Either way, the scope for natural disaster under the wings is of monumental proportions.

All the primary forest of the Malaysian state bordering Singapore – Johor – is now gone and the tremendous sprawl of scarred land, mostly covered by palm oil plantations, is expanding far towards the horizon. The predictable plantation grid pattern is only interrupted by motorways, contained human settlements, and by few, mostly palm oil-related industrial structures.

On the Indonesian side, the Island of Batam resembles a horror apocalyptic movie: there is always some thick smoke rising towards the sky, and there are clearly visible, badly planned and terribly constructed towns and villages. Water around the island is of a dubious, frightening color. The environmental destruction is absolute. Batam was supposed to be the Indonesian answer to Singapore. Indonesia was dreaming about a modern mega city with a super airport and port, dotted with factories, research centers and shopping facilities. But the turbo-capitalist country hoped that all this would be created by the private sector. That was of course, unrealistic. What followed was an absolute disaster.

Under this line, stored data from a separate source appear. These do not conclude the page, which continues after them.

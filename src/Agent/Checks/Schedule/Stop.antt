-- ===== src/Agent/Checks/Schedule/Stop.antt =====
-- When the timer for the checks stops.
use libnice4android.Prelude.{
  ℕ, Bool, true, false, ◌&&◌, ◌||◌, List, [], ◌∷◌, ◌==◌, ltb, ◌≡◌, refl, ap, sym, ◌∙◌, arith,
  Bool-cases, inl, inr, All,
}
use mathlib.Core.Path.{subst}
use libnice4android.Agent.Checks.{
  ready, waiting, frozen, in_progress, is, CheckPair, Component, Stream, Context, NiceAgent,
  Environment,
}
use libnice4android.Agent.Checks.CheckList.{
  count_pairs, highest_nominated, prune_pair, prune_loop, prune_pending_checks,
}
use libnice4android.Agent.Checks.Components.{
  has_nominated, update_failed_components, update_state_for_ready,
}
use libnice4android.Agent.Checks.Components.Ready.{conncheck_list-signal_state_change}
use libnice4android.Agent.Checks.Schedule.Tick.{
  tick_pairs, process_stream, lacks_nomination, nominate_if, tick_stream, tick_streams,
  conclude_components, conclude, begin_tick, end_tick, conn_check_tick,
}
use libnice4android.Agent.Checks.Schedule.Progress.{IsFresh}
use libnice4android.Agent.Checks.Schedule.Advance.{
  shapes, begin_tick-Advances, begin_tick-idle, tick_streams_lem,
}
use libnice4android.Agent.Checks.Schedule.Liveness.{
  NoPending, total_work-NoPending, update_failed_components-list, end_tick-flag,
}

or_false : (a b : Bool) → (a || b) ≡ false → (a ≡ false) × (b ≡ false)
or_false true b h = cc
or_false false b h = (refl, h)

-- No pair is in progress.
abbrev NoneActive : List CheckPair → Type 0
NoneActive = All (λ p. is p.state in_progress ≡ false)

count-NoneActive :
    (pairs : List CheckPair)
    → ltb 0 (count_pairs (λ p. is p.state in_progress) pairs) ≡ false
    → NoneActive pairs
unfolding count_pairs
count-NoneActive [] h = tt
count-NoneActive (p ∷ more) h = (ground arith, count-NoneActive more (ground arith))

nominate_if-idle :
    (env : Environment) (needed : Bool) (agent : Context) (stream : Stream)
    → needed ≡ false
    → (nominate_if env needed agent stream).1 ≡ stream
unfolding nominate_if
nominate_if-idle env true agent stream h = cc
nominate_if-idle env false agent stream h = refl

process_stream-NoneActive :
    (agent : Context) (stream : Stream)
    → (process_stream agent stream).0 ≡ false
    → NoneActive (process_stream agent stream).2.conncheck_list
unfolding process_stream
process_stream-NoneActive agent stream h =
    let ticked =
      tick_pairs
        (record { keep_timer_going = false; agent = agent; components = stream.components })
        stream.conncheck_list in
    count-NoneActive ticked.1
      (or_false ticked.0.keep_timer_going
        (ltb 0 (count_pairs (λ p. is p.state in_progress) ticked.1)) h).1

tick_stream-NoneActive :
    (env : Environment) (agent : Context) (stream : Stream)
    → (tick_stream env agent stream).0 ≡ false
    → NoneActive (tick_stream env agent stream).2.conncheck_list
unfolding tick_stream
tick_stream-NoneActive env agent stream h =
    let ticked = process_stream agent stream in
    let parts = or_false ticked.0 (lacks_nomination ticked.2) h in
    let same =
      nominate_if-idle env (lacks_nomination ticked.2 && ticked.1.controlling_mode) ticked.1
        ticked.2 (ap (λ (b : Bool). b && ticked.1.controlling_mode) parts.1) in
    subst (λ s. NoneActive s.conncheck_list) (sym same)
      (process_stream-NoneActive agent stream parts.0)

tick_streams-NoneActive :
    (env : Environment) (agent : Context) (streams : List Stream)
    → (tick_streams env agent streams).0 ≡ false
    → All (λ s. NoneActive s.conncheck_list) (tick_streams env agent streams).2
unfolding tick_streams
tick_streams-NoneActive env agent [] h = tt
tick_streams-NoneActive env agent (s ∷ more) h =
    let first = tick_stream env agent s in
    let parts = or_false first.0 (tick_streams env first.1 more).0 h in
    (tick_stream-NoneActive env agent s parts.0, tick_streams-NoneActive env first.1 more parts.1)

-- A predicate on pairs that pruning keeps holds after the end of a tick.
module _ (P : CheckPair → Type 0)
    (keep : (c highest : ℕ) (p : CheckPair) → P p → P (prune_pair c highest p)) where
  prune_loop-All :
      (pairs : List CheckPair) (c highest : ℕ) → All P pairs → All P (prune_loop pairs c highest).1
  unfolding prune_loop
  prune_loop-All [] c highest h = tt
  prune_loop-All (p ∷ more) c highest h = (keep c highest p h.0, prune_loop-All more c highest h.1)

  update_state_for_ready-All :
      (agent : Context) (stream : Stream) (id : ℕ)
      → All P stream.conncheck_list
      → All P (update_state_for_ready agent stream id).1.conncheck_list
  unfolding update_state_for_ready prune_pending_checks
  update_state_for_ready-All agent stream id h =
      let pruned = prune_pending_checks stream.conncheck_list id in
      let kept =
        prune_loop-All stream.conncheck_list id (highest_nominated stream.conncheck_list id 0) h in
      elim (Bool-cases (has_nominated stream.conncheck_list id)) [
        | inl nominated ↦ elim (Bool-cases (pruned.0 == 0)) [
          | inl done ↦
              let same =
                conncheck_list-signal_state_change agent
                  (record stream { conncheck_list = pruned.1 }) id ready in
              rw (nominated, done) (subst (All P) (sym same) kept)
          | inr more ↦ rw (nominated, more) kept
        ]
        | inr none_yet ↦ rw none_yet h
      ]

  conclude_components-All :
      (components : List Component) (agent : Context) (stream : Stream)
      → All P stream.conncheck_list
      → All P (conclude_components components agent stream).1.conncheck_list
  unfolding conclude_components
  conclude_components-All [] agent stream h = h
  conclude_components-All (c ∷ more) agent stream h =
      let next = update_state_for_ready agent stream c.id in
      conclude_components-All more next.0 next.1 (update_state_for_ready-All agent stream c.id h)

  conclude-All :
      (agent : Context) (streams : List Stream)
      → All (λ s. All P s.conncheck_list) streams
      → All (λ s. All P s.conncheck_list) (conclude agent streams).1
  unfolding conclude
  conclude-All agent [] h = tt
  conclude-All agent (s ∷ more) h =
      let updated = update_failed_components agent s in
      let next = conclude_components updated.1.components updated.0 updated.1 in
      (
        conclude_components-All updated.1.components updated.0 updated.1
            (subst (All P) (sym (update_failed_components-list agent s)) h.0),
        conclude-All next.0 more h.1,
      )

  end_tick-All :
      (done : Bool) (agent : Context) (streams : List Stream)
      → All (λ s. All P s.conncheck_list) streams
      → All (λ s. All P s.conncheck_list) (end_tick done agent streams).1.streams
  unfolding end_tick
  end_tick-All true agent streams h = h
  end_tick-All false agent streams h = conclude-All agent streams h

-- Neither frozen nor waiting nor in progress.
abbrev pub IsDone : CheckPair → Type 0
IsDone p = ((is p.state frozen || is p.state waiting) ≡ false) × (is p.state in_progress ≡ false)

prune_pair-IsDone : (c highest : ℕ) (p : CheckPair) → IsDone p → IsDone (prune_pair c highest p)
unfolding prune_pair
prune_pair-IsDone c highest p h = ground arith

All-pair : (pairs : List CheckPair) → NoPending pairs → NoneActive pairs → All IsDone pairs
All-pair [] h k = tt
All-pair (p ∷ more) h k = ((h.0, k.0), All-pair more h.1 k.1)

All-both :
    (streams : List Stream)
    → All (λ s. NoPending s.conncheck_list) streams
    → All (λ s. NoneActive s.conncheck_list) streams
    → All (λ s. All IsDone s.conncheck_list) streams
All-both [] h k = tt
All-both (s ∷ more) h k = (All-pair s.conncheck_list h.0 k.0, All-both more h.1 k.1)

-- For pairs at distinct addresses and with priorities that are not 0: a tick stops the timer only when no
-- pair of any stream is frozen, waiting or in progress.
pub conn_check_tick-IsDone :
    (env : Environment) (agent : NiceAgent)
    → All IsFresh (shapes agent.streams)
    → (conn_check_tick env agent).0 ≡ false
    → All (λ s. All IsDone s.conncheck_list) (conn_check_tick env agent).1.streams
unfolding conn_check_tick
conn_check_tick-IsDone env agent f h =
    let begun = begin_tick env agent in
    let ticked = tick_streams env begun.1.context begun.1.streams in
    let parts =
      or_false begun.0 ticked.0 (sym (end_tick-flag (begun.0 || ticked.0) ticked.1 ticked.2) ∙ h) in
    let first = begin_tick-Advances env agent f in
    let second =
      tick_streams_lem env begun.1.context begun.1.streams (subst (All IsFresh) (sym first.0) f) in
    let idle =
      total_work-NoPending ticked.2
        (omega (arith, begin_tick-idle env agent f parts.0, first.1, second.1)) in
    end_tick-All IsDone prune_pair-IsDone (begun.0 || ticked.0) ticked.1 ticked.2
      (All-both ticked.2 idle (tick_streams-NoneActive env begun.1.context begun.1.streams parts.1))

As it is now, Batam is nothing more than a series of ‘Potemkin Villages’, complete with several potholed four-lane roads that lead nowhere. As for the research: there is hardly any science even in Jakarta or Bandung, let alone here. After several attempts to ‘save face’ and to cover up this massive failure, the island has been allowed to ‘sink’ back to where it had already been for several decades: a huge whorehouse for predominantly Singaporean and Malaysian sex tourists; a cheap shopping district selling mainly counterfeit goods, a place notorious for lacking even the most basic public services.

No heads were made to roll for this monumental and thoroughly stupid set of failures. The obedient business-owned media is hardly ever critical of the Indonesian regime and its business ‘elites’. But the impact of the ‘Batam experiment’ is enormous – there is no intact nature left on the entire island.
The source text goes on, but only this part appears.